→ WHAT NEEDS TO BE DONE:
Which lines in the data below contain the word "rest"? Return each of them.

Top of EXTRACTED INFORMATION

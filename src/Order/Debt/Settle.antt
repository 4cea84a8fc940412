-- ===== src/Order/Debt/Settle.antt =====
-- A payment of a debt: what settle_debtor_payment leaves in the account.
use mathlib.Core.Path.{subst}
use menuvex_printer.Entity.{field_of, field_text}
use menuvex_printer.Entity.Laws.{field_of-encode}
use menuvex_printer.Json.{Json, decode_map, encode_map}
use menuvex_printer.Json.Laws.{IsUnique, decode_map-IsUnique, insert-IsUnique}
use menuvex_printer.Order.Debt.{Account, account_fields, pay, settle_body, settle_debtor_payment}
use menuvex_printer.Prelude.{
  Bool-cases, Map, String, ap, arith, inl, inr, map_laws, not, refl, some, string_eq, suc, true,
  ◌+◌, ◌∙◌, ◌≡◌, ◌≢◌, ◌≤◌, ◌⊎◌,
}
use menuvex_printer.Prelude.Int.{int_laws, ltb_ℤ, neg_part, pos, pos_part, ℤ, ◌+ℤ◌, ◌-ℤ◌, ◌≤ℤ◌}
use menuvex_printer.Result.{
  >>=-eq-ok, bad_payment, bad_row, debtor_not_found, ok, or_fail, or_fail-eq-ok, refuse_if,
}
use menuvex_printer.Store.{
  Io, PersistedDb, Store, StoredEntity, entity_key, find_entity, find_live, next_int64, put_entity,
  rewrite,
}
use menuvex_printer.Store.Atomic.{after_check_ok}
use menuvex_printer.Store.Keys.{find-put_ne, find-put_self, find_live-find, find_live_of}
use menuvex_printer.Text.Decimal.{parse_big_int_safe}
use menuvex_printer.Text.Decimal.RoundTrip.{parse_big_int_safe-format_int}

-- The account after a payment: either the debt is paid off, or less remains, by the amount.
abbrev pub Paid : ℤ → ℤ → ℤ → Account → Type 0
Paid amount paid remaining a =
    (a.paid +ℤ a.remaining ≡ paid +ℤ remaining)
    × (((remaining ≤ℤ amount) × (a.status ≡ "paid") × (a.remaining ≡ pos 0))
        ⊎ ((a.status ≡ "partial") × (pos 1 ≤ℤ a.remaining) × (a.remaining +ℤ amount ≡ remaining)))

move : (p a r : ℤ) → p +ℤ a +ℤ (r -ℤ a) ≡ p +ℤ r
move p a r = omega int_laws

stay : (z : ℤ) → z +ℤ pos 0 ≡ z
stay z = omega int_laws

back : (r a : ℤ) → r -ℤ a +ℤ a ≡ r
back r a = omega int_laws

above : (r a : ℤ) → ltb_ℤ a r ≡ true → pos 1 ≤ℤ r -ℤ a
above r a h =
    let lt : suc (pos_part a + neg_part r) ≤ pos_part r + neg_part a = ground arith in
    omega int_laws

pub pay-Paid : (amount paid remaining : ℤ) → Paid amount paid remaining (pay amount paid remaining)
unfolding pay
pay-Paid amount paid remaining = elim (Bool-cases (ltb_ℤ amount remaining)) [
  | inl lt ↦
      rw (lt)
        (move paid amount remaining, inr (refl, above remaining amount lt, back remaining amount))
  | inr ge ↦ rw (ge) (stay (paid +ℤ remaining), inl (ground (arith, ge), refl, refl))
]

account_fields-fields :
    (a : Account) (now : String) (m : Map String Json) (u : IsUnique m)
    → let p = encode_map (account_fields a now m) in
      (parse_big_int_safe (field_of p "paid") ≡ a.paid)
      × (parse_big_int_safe (field_of p "remaining") ≡ a.remaining)
      × (field_of p "status" ≡ a.status)
unfolding account_fields field_text
account_fields-fields a now m u =
    let unique : IsUnique (account_fields a now m) = insert-IsUnique "updated_at" _ _ (
      insert-IsUnique "remaining" _ _
        (insert-IsUnique "paid" _ _ (insert-IsUnique "status" _ _ u))) in
    (
      ap parse_big_int_safe (field_of-encode (account_fields a now m) "paid" unique ∙ simp map_laws)
          ∙ parse_big_int_safe-format_int a.paid,
      ap parse_big_int_safe
            (field_of-encode (account_fields a now m) "remaining" unique ∙ simp map_laws)
          ∙ parse_big_int_safe-format_int a.remaining,
      field_of-encode (account_fields a now m) "status" unique ∙ simp map_laws,
    )

abbrev pub account_of : Json → Account
account_of payload = record {
  paid = parse_big_int_safe (field_of payload "paid");
  remaining = parse_big_int_safe (field_of payload "remaining");
  status = field_of payload "status";
}

-- One debtor has a new version, with the payment in the account; every other record is as it was.
abbrev pub Settled : String → ℤ → PersistedDb → PersistedDb → Type 0
Settled debtor_id amount st st' =
    (e e' : StoredEntity) × (find_live st "debtor" debtor_id ≡ some e)
    × (find_live st' "debtor" debtor_id ≡ some e')
    × (e'.version ≡ next_int64 e.version)
    × Paid amount (account_of e.payload).paid (account_of e.payload).remaining
        (account_of e'.payload)
    × ((k i : String)
        → entity_key "debtor" debtor_id ≢ entity_key k i
        → find_entity st' k i ≡ find_entity st k i)

rewritten :
    (debtor_id : String) (amount : ℤ) (now : String) (st : PersistedDb) (e : StoredEntity)
    (m : Map String Json)
    → find_live st "debtor" debtor_id ≡ some e
    → IsUnique m
    → Settled debtor_id amount st (
        rewrite "debtor" debtor_id e
          (account_fields
            (pay amount (account_of e.payload).paid (account_of e.payload).remaining)
            now
            m)
          st)
unfolding rewrite
rewritten debtor_id amount now st e m live u =
    let before = account_of e.payload in
    let after = pay amount before.paid before.remaining in
    let (paid, remaining, status) = account_fields-fields after now m u in
    let e' : StoredEntity = record e {
      version = next_int64 e.version;
      payload = encode_map (account_fields after now m);
    } in
    (
      e,
      e',
      live,
      find_live_of (put_entity "debtor" debtor_id e' st) "debtor" debtor_id
          (find-put_self st "debtor" debtor_id e') (find_live-find st "debtor" debtor_id live).1,
      refl,
      rw (paid, remaining, status) (pay-Paid amount before.paid before.remaining),
      λ k i ne. find-put_ne st "debtor" debtor_id e' k i ne,
    )

settle_body-Settled :
    (debtor_id : String) (amount : ℤ) (now : String) (st st' : PersistedDb)
    → settle_body debtor_id amount now st ≡ ok (st', tt)
    → Settled debtor_id amount st st'
unfolding settle_body
settle_body-Settled debtor_id amount now st st' h =
    let (e, found, h₁) =
      >>=-eq-ok (or_fail (find_live st "debtor" debtor_id) debtor_not_found) _ h in
    let (m, decoded, h₂) = >>=-eq-ok (or_fail (decode_map e.payload) bad_row) _ h₁ in
    let same : rewrite "debtor" debtor_id e
          (account_fields (pay amount (account_of e.payload).paid (account_of e.payload).remaining)
            now m)
          st
        ≡ st' =
      cc in
    subst (Settled debtor_id amount st) same (
      rewritten debtor_id amount now st e m (or_fail-eq-ok _ _ found)
        (decode_map-IsUnique e.payload (or_fail-eq-ok _ _ decoded)))

-- A payment that succeeds is of a positive amount and settles: the sum of what is paid and what remains
-- is kept, the account becomes "paid" when the amount covers what remained and "partial" otherwise, and
-- no other record changes.
pub settle_debtor_payment-Settled :
    (io : Io) (debtor_id amount_irr now : String) (s : Store)
    → (settle_debtor_payment io debtor_id amount_irr now s).0 ≡ ok tt
    → let amount = parse_big_int_safe amount_irr in
      (pos 1 ≤ℤ amount)
      × Settled debtor_id amount s.state
          (settle_debtor_payment io debtor_id amount_irr now s).1.state
unfolding settle_debtor_payment
settle_debtor_payment-Settled io debtor_id amount_irr now s h =
    let amount = parse_big_int_safe amount_irr in
    let (checked, done, written) =
      after_check_ok (refuse_if (not (ltb_ℤ (pos 0) amount)) bad_payment) io
        (settle_body debtor_id amount now) s h in
    (positive amount checked, settle_body-Settled debtor_id amount now s.state _ done)
  where
    positive : (a : ℤ) → refuse_if (not (ltb_ℤ (pos 0) a)) bad_payment ≡ ok tt → pos 1 ≤ℤ a
    positive a e = ground arith
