-- ===== src/Order/Money.antt =====
-- The sums of an order: what clamping does to the discount and to the total.
use mathlib.Core.Path.{subst}
use menuvex_printer.Entity.{price_irr}
use menuvex_printer.Order.{
  OrderLine, PosOrderLineInput, at_least_zero, build_lines, clamp_discount, is_skipped, price_line,
  total_of,
}
use menuvex_printer.Prelude.{
  Bool-cases, List, String, [], arith, inl, inr, refl, some, suc, ℕ, ◌∷◌, ◌≡◌,
}
use menuvex_printer.Prelude.Int.{int_laws, pos, ℤ, ◌*ℤ◌, ◌+ℤ◌, ◌-ℤ◌, ◌≤ℤ◌}
use menuvex_printer.Result.{>>=-eq-ok, ok, or_fail, or_fail-eq-ok, product_not_found, ◌>>=◌}
use menuvex_printer.Store.{PersistedDb, StoredEntity, find_live}
use menuvex_printer.Text.Decimal.{parse_big_int_safe}

at_least_zero_bound : (z : ℤ) → pos 0 ≤ℤ at_least_zero z
unfolding at_least_zero
at_least_zero_bound z = ground arith

at_least_zero_same : (z : ℤ) → pos 0 ≤ℤ z → at_least_zero z ≡ z
unfolding at_least_zero
at_least_zero_same z h = ground arith

clamp_discount_bounds :
    (subtotal d : ℤ)
    → pos 0 ≤ℤ subtotal
    → (pos 0 ≤ℤ clamp_discount subtotal d) × (clamp_discount subtotal d ≤ℤ subtotal)
unfolding clamp_discount
clamp_discount_bounds subtotal d h = ground arith

difference_bound : (s d x : ℤ) → d ≤ℤ s → pos 0 ≤ℤ x → pos 0 ≤ℤ s -ℤ d +ℤ x
difference_bound s d x h k = omega int_laws

-- With a subtotal that is not negative the discount lies between 0 and the subtotal, and the total is
-- the subtotal less the discount plus the extra, never negative: its own clamp has nothing to do.
pub total_of_exact :
    (subtotal d x : ℤ)
    → pos 0 ≤ℤ subtotal
    → let discount = clamp_discount subtotal d in
      let extra = at_least_zero x in
      (pos 0 ≤ℤ discount)
      × (discount ≤ℤ subtotal)
      × (pos 0 ≤ℤ extra)
      × (pos 0 ≤ℤ total_of subtotal discount extra)
      × (total_of subtotal discount extra ≡ subtotal -ℤ discount +ℤ extra)
total_of_exact subtotal d x h =
    let discount = clamp_discount subtotal d in
    let extra = at_least_zero x in
    let (low, high) = clamp_discount_bounds subtotal d h in
    let sum = difference_bound subtotal discount extra high (at_least_zero_bound x) in
    (
      low,
      high,
      at_least_zero_bound x,
      unfold total_of in at_least_zero_bound (subtotal -ℤ discount +ℤ extra),
      unfold total_of in at_least_zero_same (subtotal -ℤ discount +ℤ extra) sum,
    )

-- A line costs the menu's price of its product times its quantity, and every line of an order is one of
-- a product that is on the menu.
abbrev pub Priced : PersistedDb → List OrderLine → Type 0
Priced st [] = Unit {0}
Priced st (l ∷ ls) =
    ((product : StoredEntity) × (find_live st "product" l.product_id ≡ some product)
      × (l.unit_price ≡ parse_big_int_safe (price_irr product.payload))
      × (l.line_total ≡ l.unit_price *ℤ l.quantity)
      × (pos 1 ≤ℤ l.quantity))
    × Priced st ls

-- Every line of an order is priced from the menu.
pub build_lines-Priced :
    (st : PersistedDb) (ids : ℕ → String) (n : ℕ) (its : List PosOrderLineInput)
    (ls : List OrderLine)
    → build_lines st ids n its ≡ ok ls
    → Priced st ls
unfolding build_lines
build_lines-Priced st ids n [] ls h = let e : [] ≡ ls = cc in subst (Priced st) e tt
build_lines-Priced st ids n (it ∷ its) ls h = elim (Bool-cases (is_skipped it)) [
  | inl skip ↦ build_lines-Priced st ids (suc n) its ls (ground (arith, skip))
  | inr kept ↦
      let h₁ : (or_fail (find_live st "product" it.product_id) product_not_found >>= λ product.
      build_lines st ids (suc n) its >>= λ rest. ok (price_line product it (ids n) ∷ rest))
          ≡ ok ls =
        ground (arith, kept) in
      let (product, found, h₂) =
        >>=-eq-ok (or_fail (find_live st "product" it.product_id) product_not_found) _ h₁ in
      let (rest, later, last) = >>=-eq-ok (build_lines st ids (suc n) its) _ h₂ in
      let e : price_line product it (ids n) ∷ rest ≡ ls = cc in
      subst (Priced st) e (
        (product, or_fail-eq-ok _ _ found, refl, refl, ground (arith, kept)),
        build_lines-Priced st ids (suc n) its rest later,
      )
]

Bottom of EXTRACTED INFORMATION

→ WORKED SOLUTION:
      build_lines st ids (suc n) its >>= λ rest. ok (price_line product it (ids n) ∷ rest))
      let (rest, later, last) = >>=-eq-ok (build_lines st ids (suc n) its) _ h₂ in
      let e : price_line product it (ids n) ∷ rest ≡ ls = cc in
        build_lines-Priced st ids (suc n) its rest later,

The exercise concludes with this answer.